Reckless FaithExemplo
I am a long way from Sunday Lane. I stifle a laugh. On my childhood street, I learned how to climb trees, make cookies, and drive. Riding down that street on my bicycle, I had a hunch not everyone lived like my family did, but I never could have imagined a street like this highway in Albania.
I see a little boy lying face down on the cobblestone, but before I can lift him, a soldier points a machine gun at me and orders me to back up.
My fiancé, Todd, says “Beth . . . listen to him. I’m going to get the translator.” It’s 1994, and we are serving with Campus Crusade for Christ over our college spring break.
The officer seemed relieved when the translator arrived. “The boy is property of the gypsies,” the translator explains. “They keep him awake all night so he’ll sleep in the streets all day. People throw money at him, which the gypsies collect when they come to get him at dusk.”
Why do the authorities allow this? I wonder. Does the officer know the boy’s caretaker? Perhaps he shares in the spoils?
“It’s too dangerous for him to be just left here. What stops me—or anybody—from picking him up and walking away with him?”
The officer answers my question: “If you took the child away, his caretaker would probably just place another child here. Plus, it’s the only life he knows. What else would he do?” He turns around, dismissing me.
Todd and I watch the boy sleep for an hour. What else would he do? keeps rolling around in my mind. I pray for the child, his mother, my questions and the anger I feel. I pray for his country and the other children like him, lying on their own street corners. And then I pray I might have a hand in helping children like him.
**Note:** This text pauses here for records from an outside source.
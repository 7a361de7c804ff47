-- ===== src/App/Supervisor/Resources.antt =====
-- `init_encoder_and_rtsp` and the teardown helpers of src/app/supervisor.cpp.
use spout_relay.Base.{
  ℕ, Bool, true, false, not, [], ◌∷◌, Option, none, some, String, to_int, if◌then◌else◌, Outcome,
  done, ◌>>=◌,
}
use spout_relay.Logging.Sink.{
  info, str, log_event, log_error, log_encoder_initialized, log_publish_stopped,
}
use spout_relay.Metrics.Store.{set_encoder_codec}
use spout_relay.Spout.Monitor.{set_gpu_mode, get_sender_dxgi_format}
use spout_relay.Encoder.Types.{Encoder, new_encoder, get_codec_info}
use spout_relay.Encoder.Init.{CodecAnswers}
use spout_relay.Encoder.Init
use spout_relay.Rtsp.Client.{RtspClient, ConnectAnswers, new_client}
use spout_relay.Rtsp.Client
use spout_relay.App.Supervisor.State.{Platform, Supervisor, log, measure}
use spout_relay.App.Supervisor.EncodeThread.{Round, stop_encode_thread}

-- The answers of SpoutDX about the device and the sender, of the codecs, and of the RTSP session.
pub record OutputAnswers : Type 0 where
  pub gpu_device : Bool
  pub sender_live : Bool
  pub sender_format : ℕ
  pub codecs : ℕ → CodecAnswers
  pub rtsp : ConnectAnswers

-- The session over an encoder that is ready: `rtsp_client_->connect`.
unfoldable pub connect_rtsp : OutputAnswers → Encoder → Supervisor → Bool × String × Supervisor
connect_rtsp a e s =
    let (connected, error, c) = Client.connect a.rtsp s.config.rtsp (get_codec_info e) new_client in
    let s' : Supervisor = record s { rtsp_client = some c } in
    if not connected
    then (false, error, log (log_error "RTSP_CONNECT_FAILED" error []) s')
    else (true, error, s')

-- The receive path follows the encoder's.
unfoldable pub choose_path : Bool → Supervisor → Supervisor
choose_path gpu s =
    log
      (log_event info (if gpu then "gpu_zero_copy_enabled" else "gpu_zero_copy_disabled")
        (("codec", str s.config.encoder.codec) ∷ []))
      (record s { spout_monitor = set_gpu_mode gpu s.spout_monitor })

unfoldable pub init_encoder_and_rtsp :
    OutputAnswers → ℕ → ℕ → Supervisor → Bool × String × Supervisor
init_encoder_and_rtsp a width height s =
    let config = s.config.encoder in
    let format = get_sender_dxgi_format a.sender_live a.sender_format s.spout_monitor in
    let (ready, error, e) =
      Init.init a.codecs config width height a.gpu_device format new_encoder in
    let s' : Supervisor = record s { encoder = some e } in
    if not ready
    then (false, error, log (log_error "ENCODER_INIT_FAILED" error []) s')
    else connect_rtsp a e (
        measure (set_encoder_codec config.codec) (
          log
            (log_encoder_initialized config.codec (to_int width) (to_int height) config.fps
              config.bitrate_kbps)
            (choose_path e.gpu_path s')))

-- `if (frame_pump_) { frame_pump_->stop(); frame_pump_.reset(); }`; the thread of the pump is joined.
unfoldable pub drop_pump : Supervisor → Supervisor
drop_pump s = record s { frame_pump = none }

-- The packets of the final flush are dropped, and so is the encoder with all that `reset` frees.
unfoldable pub teardown_encoder : Supervisor → Supervisor
teardown_encoder s = record s {
  encoder = none;
  spout_monitor = set_gpu_mode false s.spout_monitor;
  initial_frame_buf = record s.initial_frame_buf { gpu_texture = none };
}

-- `publish_stopped` is logged for a session that is still up.
unfoldable pub note_stopped : Option RtspClient → Supervisor → Supervisor
note_stopped none s = s
note_stopped (some c) s = if c.connected then log (log_publish_stopped "teardown") s else s

unfoldable pub teardown_rtsp : Supervisor → Supervisor
teardown_rtsp s = record (note_stopped s.rtsp_client s) { rtsp_client = none }

unfoldable pub teardown_streaming : Platform → Option Round → Supervisor → Outcome Supervisor
teardown_streaming pf last s = do
  s' ← stop_encode_thread pf last s
  done (teardown_encoder (teardown_rtsp (drop_pump s')))
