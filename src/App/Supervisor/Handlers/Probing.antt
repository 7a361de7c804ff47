-- ===== src/App/Supervisor/Handlers/Probing.antt =====
-- `handle_idle` and `handle_probing` of src/app/supervisor.cpp.
use spout_relay.Base.{Bool, false, not, ◌&&◌, ℕ, [], ◌∷◌, pos, ◌*ℤ◌, if◌then◌else◌}
use spout_relay.Common.Types.{stopping, probing, connecting_output, placeholder}
use spout_relay.Common.Time.{expired}
use spout_relay.Logging.Sink.{info, debug, str, log_event, log_error}
use spout_relay.Spout.Monitor.{probe_sender}
use spout_relay.Spout.Monitor
use spout_relay.App.Supervisor.State.{Supervisor, log, transition, poll_stop}

-- `stop` covers the sleep of 200 ms.
pub record IdleInputs : Type 0 where
  pub stop : Bool
  pub now : ℕ

unfoldable pub handle_idle : IdleInputs → Supervisor → Supervisor
handle_idle a s =
    let s' = poll_stop a.stop s in
    if s'.shutdown_requested
    then transition stopping s'
    else transition probing (record s' { probe_timer = a.now })

pub record ProbingInputs : Type 0 where
  pub stop : Bool
  pub found : Bool
  pub now_expired : ℕ
  pub now_reset : ℕ
  pub now_cooldown : ℕ

-- The periodic message while no sender is there.
unfoldable pub note_searching : ProbingInputs → Supervisor → Supervisor
note_searching a s =
    if expired a.now_expired s.probe_timer (s.config.spout.sender_missing_timeout_ms *ℤ pos 10)
    then log (log_event debug "probe_no_sender" (("name", str s.config.spout.sender_name) ∷ []))
        (record s { probe_timer = a.now_reset })
    else s

-- From the message on: the placeholder, if it is enabled and not held back.
unfoldable pub keep_probing : ProbingInputs → Supervisor → Supervisor
keep_probing a s =
    let s' = note_searching a s in
    if s.config.placeholder.enabled
    then (if s.placeholder_cooldown_active
          && not
              (expired a.now_cooldown s.placeholder_cooldown_timer s.config.rtsp.reconnect_delay_ms)
        then s'
        else transition placeholder (record s' { placeholder_cooldown_active = false }))
    else s'

unfoldable pub handle_probing : ProbingInputs → Supervisor → Supervisor
handle_probing a s =
    let s' = poll_stop a.stop s in
    if s'.shutdown_requested
    then transition stopping s'
    else if probe_sender a.found s'.spout_monitor
    then (let (connected, error, m) = Monitor.connect s.config.spout.sender_name s'.spout_monitor in
        let s'' : Supervisor = record s' { spout_monitor = m } in
        if not connected
        then keep_probing a (log (log_error "SPOUT_CONNECT_FAILED" error []) s'')
        else transition connecting_output (
            log (log_event info "sender_found" (("name", str s.config.spout.sender_name) ∷ []))
              s''))
    else keep_probing a s'
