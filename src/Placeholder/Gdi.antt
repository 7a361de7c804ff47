-- ===== src/Placeholder/Gdi.antt =====
-- The drawing of src/placeholder/placeholder_renderer.cpp as the calls of GDI, in their order. A creation
-- and a selection stand for those that succeed; what succeeds, and what is seen then, is an argument.
pub mod Ledger
use spout_relay.Base.{
  ℕ, zero, Bool, true, false, not, ◌&&◌, List, [], ◌∷◌, ◌++◌, String, is_empty, if◌then◌else◌,
}
use text.Mathlib.Text.{◌==◌ as str_eq}

pub record Rect : Type 0 where
  pub left : ℕ
  pub top : ℕ
  pub right : ℕ
  pub bottom : ℕ

-- `fill_rect` and `delete_brush` say whether the brush that they are given is not null. A text is in UTF-16.
pub data Call : Type 0 where
  create_dc : Call
  create_dib : ℕ → ℕ → Call
  select_dib restore_dib delete_dib delete_dc : Call
  create_brush : ℕ → Call
  fill_rect : Bool → Rect → Call
  delete_brush : Bool → Call
  create_font : ℕ → Bool → Call
  select_font restore_font delete_font : Call
  set_text_color : ℕ → Call
  set_bk_mode : Call
  draw_text : Rect → List ℕ → Call
  gdi_flush read_bits : Call

-- `font` and `select_font` say it for each text; `paint` is what the DIB holds after some calls; `utf16`
-- is MultiByteToWideChar with the terminating zero, empty where it fails.
pub record Gdi : Type 0 where
  pub dc : Bool
  pub dib : Bool
  pub bits : Bool
  pub dib_selected : Bool
  pub brush : Bool
  pub font : ℕ → Bool
  pub font_selected : ℕ → Bool
  pub paint : List Call → List ℕ
  pub utf16 : String → List ℕ

-- `pop_back` of a last zero.
unfoldable pub drop_nul : List ℕ → List ℕ
drop_nul [] = []
drop_nul (zero ∷ []) = []
drop_nul (c ∷ w) = c ∷ drop_nul w

unfoldable pub to_wide : Gdi → String → List ℕ
unfolding drop_nul
to_wide gdi s = if str_eq s "" then [] else drop_nul (gdi.utf16 s)

-- The fields of a `DibCanvas`: whether each is not null.
pub record DibCanvas : Type 0 where
  pub dc : Bool
  pub bitmap : Bool
  pub old_bitmap : Bool
  pub bits : Bool

-- The constructor.
unfoldable pub open_canvas : Gdi → ℕ → ℕ → DibCanvas × List Call
open_canvas gdi width height =
    let none : DibCanvas = record {
      dc = false;
      bitmap = false;
      old_bitmap = false;
      bits = false;
    } in
    if not gdi.dc
    then (none, [])
    else if not gdi.dib
    then (record none { dc = true; bits = false }, create_dc ∷ [])
    else if gdi.dib_selected
    then (
      record { dc = true; bitmap = true; old_bitmap = true; bits = gdi.bits },
      create_dc ∷ create_dib width height ∷ select_dib ∷ [],
    )
    else (record none { dc = true }, create_dc ∷ create_dib width height ∷ delete_dib ∷ [])

unfoldable pub valid : DibCanvas → Bool
valid c = c.dc && c.bitmap && c.bits

-- The destructor.
unfoldable pub close_canvas : DibCanvas → List Call
close_canvas c =
    (if c.dc && c.old_bitmap then restore_dib ∷ [] else [])
    ++ (if c.bitmap then delete_dib ∷ [] else [])
    ++ (if c.dc then delete_dc ∷ [] else [])

-- With the text of number `i`. The font is deleted when the function returns.
unfoldable pub draw_centered_text : Gdi → ℕ → Rect → List ℕ → ℕ → ℕ → Bool → List Call
draw_centered_text gdi i rect text color font_height bold =
    let draw = set_text_color color ∷ set_bk_mode ∷ draw_text rect text ∷ [] in
    if is_empty text
    then []
    else if gdi.font i
    then create_font font_height bold
      ∷ (if gdi.font_selected i
          then select_font ∷ draw ++ (restore_font ∷ delete_font ∷ [])
          else draw ++ (delete_font ∷ []))
    else draw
Todd and I talk about what we can do. And something shifts inside us. I don’t want a “refined faith.” Refined can mean “purified” but that is not the definition I am talking about. Refined can also be defined as “cultivated” and “fastidious.” It’s predictable and resistant to change. It pretends to know what God will do a hundred Sundays from now. It’s more comfortable with rules, consequences, and baby steps. It likes control and people who agree. It fears what it can’t see. A truly reckless faith expects change and uncertainty and, as a result, it is eager to risk more and fear less! It knows there is more to the story. It believes when there is no evidence, and hopes in what is promised.